A while ago, I saw an announcement soliciting proposals of chapters to be included in a collected volume. I wrote a proposal and it was accepted. I wrote the chapter, and the editors returned it with really fantastic suggestions as to how the chapter should be changed. I started working on the changes but the day before yesterday the editors sent out an email with information for all contributors to the volume.
And then the responses from the contributors started to come in, and I freaked out. These are all very famous people. I had no idea who the other contributors would be when I first submitted the proposal. And now that I know, I’m afraid of all the famous people showing up in my Inbox. I’ve actually been hiding from my Inbox because I’m scared of seeing any more famous people appear there.
And now I can’t work on the changes to the chapter because I’m afraid of writing stupid things and making myself look ridiculous to all the famous people. So I’m sitting here, scared, blocked, and freaking out.

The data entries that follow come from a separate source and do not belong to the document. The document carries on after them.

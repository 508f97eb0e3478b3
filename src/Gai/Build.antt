-- ===== src/Gai/Build.antt =====
-- libgai/ga_aistruct.c, libgai/ga_clone.c and libgai/ga_port.c: making the structures and filling in
-- the ports.
pub mod Structs
pub mod Exact
pub mod Ports
use unpv13e.Base.{
  ℕ, zero, suc, ◌+◌, List, [], ◌∷◌, ◌++◌, Bool, true, false, not, ◌&&◌, ◌||◌, Option, none, some,
  ◌==◌, leb, if◌then◌else◌, length, take,
}
use unpv13e.Gai.Types.{
  Str, Sockaddr, sin, sin6, sun, Addrinfo, Hints, World, alloc, af_local, af_inet, af_inet6,
  ai_clone, has_passive, has_clone, eai_memory, eai_service, sun_path_size, sockaddr_in_size,
  sockaddr_in6_size, sockaddr_un_size,
}

-- What is filled in before the family is looked at. `calloc` has cleared the rest.
abbrev pub blank_ai : Hints → ℕ → Addrinfo
blank_ai h family = record {
  flags = if h.socktype == 0 then ai_clone else 0;
  family = family;
  socktype = h.socktype;
  protocol = h.protocol;
  addrlen = 0;
  canonname = none;
  addr = none;
}

-- The socket address for a family: with its size, an error, or nothing for another family.
pub data Made : Type 0 where
  made : Sockaddr → ℕ → Made
  refused : ℕ → Made
  nothing : Made

abbrev pub of_alloc : Bool → Sockaddr → ℕ → Made
of_alloc ok a n = if ok then made a n else refused eai_memory

-- The `switch` on the family; a name for the Unix domain must fit with its null.
pub make_addr : Str → ℕ → World → Made × World
make_addr addr family w =
    let (ok, w') = alloc w in
    if family == af_inet
    then (of_alloc ok (sin (take 4 addr) 0) sockaddr_in_size, w')
    else if family == af_inet6
    then (of_alloc ok (sin6 (take 16 addr) 0) sockaddr_in6_size, w')
    else if family == af_local
    then (if leb sun_path_size (length addr)
        then (refused eai_service, w)
        else (of_alloc ok (sun addr) sockaddr_un_size, w'))
    else (nothing, w)

-- `unlink` of the name for a socket that is to be bound.
abbrev pub unlinks : Hints → ℕ → Str → World → World
unlinks h family addr w =
    if family == af_local && has_passive h.flags
    then record w { unlinked = addr ∷ w.unlinked }
    else w

pub finish : Hints → Str → ℕ → List Addrinfo → Made × World → ℕ × List Addrinfo × World
finish h addr family l (made a n, w) = (
  0,
  l ++ record (blank_ai h family) { addr = some a; addrlen = n } ∷ [],
  unlinks h family addr w,
)
finish h addr family l (refused e, w) = (e, l ++ blank_ai h family ∷ [], w)
finish h addr family l (nothing, w) = (0, l ++ blank_ai h family ∷ [], w)

-- The list is what hangs on `aihead`; `aipnext` points to its end. The value is 0 or an error.
unfoldable pub ga_aistruct : Hints → Str → ℕ → List Addrinfo → World → ℕ × List Addrinfo × World
unfolding make_addr finish
ga_aistruct h addr family l w =
    let (ok, w') = alloc w in
    if ok then finish h addr family l (make_addr addr family w') else (eai_memory, l, w')

-- `ga_clone`: no structure, one without an address (linked in, but NULL is returned), or a copy.
pub data Clone : Type 0 where
  no_memory : Clone
  half : Addrinfo → Clone
  whole : Addrinfo → Clone

pub ga_clone : Addrinfo → World → Clone × World
ga_clone ai w =
    let (ok, w') = alloc w in
    let (ok', w'') = alloc w' in
    let new : Addrinfo = record ai { flags = 0; canonname = none; addr = none } in
    if ok
    then (if ok' then (whole (record new { addr = ai.addr }), w'') else (half new, w''))
    else (no_memory, w')

abbrev pub put_port : ℕ → Option Sockaddr → Option Sockaddr
put_port port none = none
put_port port (some (sin a p)) = some (sin a port)
put_port port (some (sin6 a p)) = some (sin6 a port)
put_port port (some (sun a)) = some (sun a)

abbrev pub is_ip : ℕ → Bool
is_ip family = family == af_inet || family == af_inet6

-- The socket type is set, and the port where the family has one.
abbrev pub set_port : ℕ → ℕ → Addrinfo → Addrinfo
set_port port socktype ai = record ai {
  socktype = socktype;
  addr = if is_ip ai.family then put_port port ai.addr else ai.addr;
}

-- What a pass over the list comes to: the number of ports set, or `none` for -1, and the list.
abbrev pub Pass : Type 0
Pass = Option ℕ × List Addrinfo × World

-- A structure that is done, in front of the rest of the pass.
pub after : List Addrinfo → ℕ → Pass → Pass
after front n (none, l, w) = (none, front ++ l, w)
after front n (some k, l, w) = (some (n + k), front ++ l, w)

abbrev pub counted : Addrinfo → ℕ
counted ai = if is_ip ai.family then 1 else 0

-- What the pass does with a clone; `next` goes on with the structures `l` behind it.
pub with_clone : (World → Pass) → ℕ → ℕ → Addrinfo → List Addrinfo → Clone × World → Pass
with_clone next port socktype ai l (no_memory, w) = (none, ai ∷ l, w)
with_clone next port socktype ai l (half new, w) = (none, ai ∷ new ∷ l, w)
with_clone next port socktype ai l (whole new, w) =
    after (ai ∷ set_port port socktype new ∷ []) (counted new) (next w)

unfoldable pub ga_port : ℕ → ℕ → List Addrinfo → World → Pass
unfolding after with_clone ga_clone
ga_port port socktype [] w = (some 0, [], w)
ga_port port socktype (ai ∷ l) w =
    let cloned = with_clone (ga_port port socktype l) port socktype ai l (ga_clone ai w) in
    let filled = after (set_port port socktype ai ∷ []) (counted ai) (ga_port port socktype l w) in
    let skipped = after (ai ∷ []) 0 (ga_port port socktype l w) in
    if has_clone ai.flags
    then (if ai.socktype == 0 then filled else cloned)
    else if ai.socktype == socktype
    then filled
    else skipped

The whole thing is aggravated by the fact that although I work (a lot!), I don’t go to work. And that makes me weepy, uncertain, anxious, scared, insecure, and intellectually timid.
When I was approximately your age, I got an invitation for something similarly prestigious. I was shocked and asked a much more senior topologist something to the effect of “Why did they invite me to do this?” She told me “Because they have read your work and wanted to hear what you had to say. You are clearly the person they wanted, and you are a good choice for them to have made.” This quickly relieved the feelings I was having.
I don’t have the firsthand knowledge of your work that she had of mine, but I am offering the same observation, nevertheless.
Congratulations.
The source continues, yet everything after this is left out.